We will use two different packages for creating our word clouds. Initially, the classic word cloud takes the column names in the frequency table as words and freq arguments. Other arguments are also defined next to them as notes:

wordcloud::wordcloud(words = word_freqs$word, 
                     freq = word_freqs$freq, 
                     min.freq = 1,  ## freqs lower than that wonW't be in the cloud
                     max.words=200, ## Total number of words in the cloud
                     random.order=FALSE,  ## words will be ordered according to their freqs.
                     rot.per=0.35, ## rotation degree
                     colors=brewer.pal(8, "Dark2")) ## some custimization for colors

The second option is a more modern alternative. It is developed based on the JS framework with the same name. It gives you the opportunity to hover over the words and see their frequencies. Also, you can decide on a shape among several options such as 'circle', 'diamond', 'triangle-forward', 'triangle', 'pentagon', and 'star'. Yet, some of these features won’t be available if you want your cloud in .png format. That is because wordcloud2 package provides us with clouds in HTML format which makes it easier for web page embedding but harder for saving on your local disk as .png or any other format.

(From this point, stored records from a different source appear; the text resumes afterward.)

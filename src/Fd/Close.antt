-- ===== src/Fd/Close.antt =====
-- Closing a descriptor.
use fiwix_arm.Base.{
  differs, ap, Bool, arith, false, if-cases, inl, inr, none, not, refl, some, sym, true, ℕ, ◌+◌,
  ◌-◌, ◌<◌, ◌==◌, ◌^◌, ◌∙◌, ◌≡◌, ◌≢◌, ◌⊎◌,
}
use fiwix_arm.Base.Store.{Store, update, update_self, update_ne}
use fiwix_arm.Fd.{
  inval, fail, flock_release_inode, Fd, success, is_bad, Status, release_user_fd, Closed, open_max,
  u16, sys_close, release_fd, Files,
}
use fiwix_arm.Fd.Counts.{refs-update, eq01, IsCounted, refs}
use fiwix_arm.Fd.Keep.{not_bad}
use fiwix_arm.Lock.{Flocks}
use native.Mathlib.Decide.{ℕ_discrete}

-- The files when descriptor `ufd` has been given back and its entry counted down.
abbrev lessened : Files → ℕ → Files
lessened st ufd =
    let n = st.fd ufd in
    let file = st.fd_table n in
    record st {
      fd = update st.fd ufd 0;
      fd_table = update st.fd_table n (record file { count = u16 (file.count + 2 ^ 16 - 1) });
    }

-- One reference to its entry less, which has at least one.
refs-closed :
    (fd : Store ℕ) (ufd k : ℕ)
    → ufd < open_max
    → k ≢ 0
    → refs open_max (update fd ufd 0) k + eq01 (fd ufd) k ≡ refs open_max fd k
refs-closed fd ufd k lt ne =
    let e = refs-update open_max fd ufd 0 k lt in
    let z : eq01 0 k ≡ 0 = ground (arith, ne) in omega (arith, e, z)

IsCounted-lessened :
    (others : Store ℕ) (ufd : ℕ) (st : Files)
    → IsCounted others st
    → ufd < open_max
    → (st.fd_table (st.fd ufd)).count < 2 ^ 16
    → IsCounted others (lessened st ufd)
IsCounted-lessened others ufd st counted lt fits k ne =
    let n = st.fd ufd in
    let fewer = refs-closed st.fd ufd k lt ne in
    let file = st.fd_table n in
    let file' = record file { count = u16 (file.count + 2 ^ 16 - 1) } in
    elim (ℕ_discrete n k) [
      | yes e ↦
          let count : (update st.fd_table n file' k).count ≡ u16 (file.count + 2 ^ 16 - 1) =
            ap (λ x. (update st.fd_table n file' x).count) (sym e)
            ∙ ap (λ (y : Fd). y.count) (update_self st.fd_table n file') in
          let one : eq01 n k ≡ 1 = ground (arith, e) in
          let was : file.count ≡ others k + refs open_max st.fd k =
            ap (λ x. (st.fd_table x).count) e ∙ counted k ne in
          count ∙ omega (arith, fewer, one, was, fits)
      | no d ↦
          let count : (update st.fd_table n file' k).count ≡ (st.fd_table k).count =
            ap (λ (y : Fd). y.count) (update_ne st.fd_table n k file' d) in
          let none_less : eq01 n k ≡ 0 = ground (arith, d) in
          count ∙ omega (arith, fewer, none_less, counted k ne)
    ]

IsCounted-release_fd :
    (others : Store ℕ) (n : ℕ) (st : Files)
    → IsCounted others st
    → (st.fd_table n).count ≡ 0
    → IsCounted others (release_fd n st)
unfolding release_fd
IsCounted-release_fd others n st counted z k ne =
    let file' = record (st.fd_table n) { count = 0 } in
    elim (ℕ_discrete n k) [
      | yes e ↦
          ap (λ x. (update st.fd_table n file' x).count) (sym e)
          ∙ ap (λ (y : Fd). y.count) (update_self st.fd_table n file')
          ∙ sym z
          ∙ ap (λ x. (st.fd_table x).count) e
          ∙ counted k ne
      | no d ↦ ap (λ (y : Fd). y.count) (update_ne st.fd_table n k file' d) ∙ counted k ne
    ]

-- What a close leaves. The counts are right, and no other descriptor has changed. With another
-- reference left, nothing else happens. With the last one the locks of the process on the file are
-- released, and the file is closed and its inode put, unless it has no `close`: then the call fails.
abbrev pub Shut : Store ℕ → (ℕ → Bool) → ℕ → ℕ → Files → Flocks → Closed × Status → Type 0
Shut others has_close current ufd st t (c, s) =
    let file = st.fd_table (st.fd ufd) in
    IsCounted others c.files
    × (c.files.fd ufd ≡ 0)
    × ((j : ℕ) → ufd ≢ j → c.files.fd j ≡ st.fd j)
    × (((1 < file.count) × (c.locks ≡ t) × (c.put ≡ none) × (s ≡ success))
        ⊎ ((file.count ≡ 1)
            × (c.locks ≡ flock_release_inode file.inode current t)
            × (((has_close file.inode ≡ true) × (c.put ≡ some file.inode) × (s ≡ success))
                ⊎ ((has_close file.inode ≡ false) × (c.put ≡ none) × (s ≡ fail inval)))))

-- `close` of a descriptor that is open, where the references of the process and of the others are
-- counted right and the count of the open file fits in 16 bits: the descriptor is free, no other
-- descriptor has changed, and the counts are right again. With another reference left the call
-- returns 0, and the locks stay. With the last one the locks of the process on the file are released,
-- and the file is closed and its inode put, or, where the inode has no `close`, the call fails.
pub sys_close-Shut :
    (others : Store ℕ) (has_close : ℕ → Bool) (current ufd : ℕ) (st : Files) (t : Flocks)
    → IsCounted others st
    → is_bad st ufd ≡ false
    → (st.fd_table (st.fd ufd)).count < 2 ^ 16
    → Shut others has_close current ufd st t (sys_close has_close current ufd st t)
unfolding sys_close release_user_fd
sys_close-Shut others has_close current ufd st t counted good fits =
    let n = st.fd ufd in
    let file = st.fd_table n in
    let (lt, in_use) = not_bad st ufd good in
    let less = IsCounted-lessened others ufd st counted lt fits in
    let one : eq01 n n ≡ 1 = ground arith in
    let some_ref : 0 < file.count =
      omega (arith, counted n in_use, refs-closed st.fd ufd n lt in_use, one) in
    let zeroed = update_self st.fd ufd 0 in
    let rest : (j : ℕ) → ufd ≢ j → update st.fd ufd 0 j ≡ st.fd j =
      λ j ne. update_ne st.fd ufd j 0 ne in
    let count : ℕ = u16 (file.count + 2 ^ 16 - 1) in
    let P : Closed × Status → Type 0 = Shut others has_close current ufd st t in
    if-cases P (is_bad st ufd) (λ bad. absurd (differs bad good))
      (λ ok.
        if-cases P (not (count == 0))
          (λ e. (
            less,
            zeroed,
            rest,
            inl (omega (arith, not_zero count e, some_ref, fits), refl, refl, refl),
          ))
          (λ e.
            let z : count ≡ 0 = is_zero count e in
            let last : file.count ≡ 1 = omega (arith, z, some_ref, fits) in
            let at_n : ((lessened st ufd).fd_table n).count ≡ 0 =
              ap (λ (y : Fd). y.count) (update_self st.fd_table n (record file { count = count }))
              ∙ z in
            if-cases P (has_close file.inode)
              (λ h. (
                IsCounted-release_fd others n (lessened st ufd) less at_n,
                zeroed,
                rest,
                inr (last, refl, inl (h, refl, refl)),
              ))
              (λ h. (less, zeroed, rest, inr (last, refl, inr (h, refl, refl))))))
  where
    not_zero : (c : ℕ) → not (c == 0) ≡ true → 0 < c
    not_zero c e = ground (arith, e)

    is_zero : (c : ℕ) → not (c == 0) ≡ false → c ≡ 0
    is_zero c e = ground (arith, e)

wordcloud2::wordcloud2 (word_freqs, 
                  size = 0.4,  ## this is basically zooming in the cloud. default is 1
                  shape = "star", 
                  color='random-light', ## another option is 'random-dark'
                  backgroundColor="black" ) ## another option is 'white'

Conclusion

There are many ways to use Rvest and scrap a website. We tried one of them in this post. In the end you can do many things with your output such as content analysis, clustering, sentimental analysis or even survival analysis. Here, in this post, we do not bare any pragmatic purposes so focused on creating something fun and eye-catching: word clouds. Also, scraping depends highly on your computer’s processor and the number of pages you want to scrap. If you want to automate this process, it may take some time to complete. You can find my Rshiny web application automating specifically the steps discussed here.

Although we haven’t mentioned here, Rvest works in alignment with the polite package. It allows you to scrap a web page in a polite way with permissions and greetings. The motto of the package polite sums it all for itself: Be responsible when scraping data from websites by following polite principles: introduce yourself, ask for permission, take slowly and never ask twice.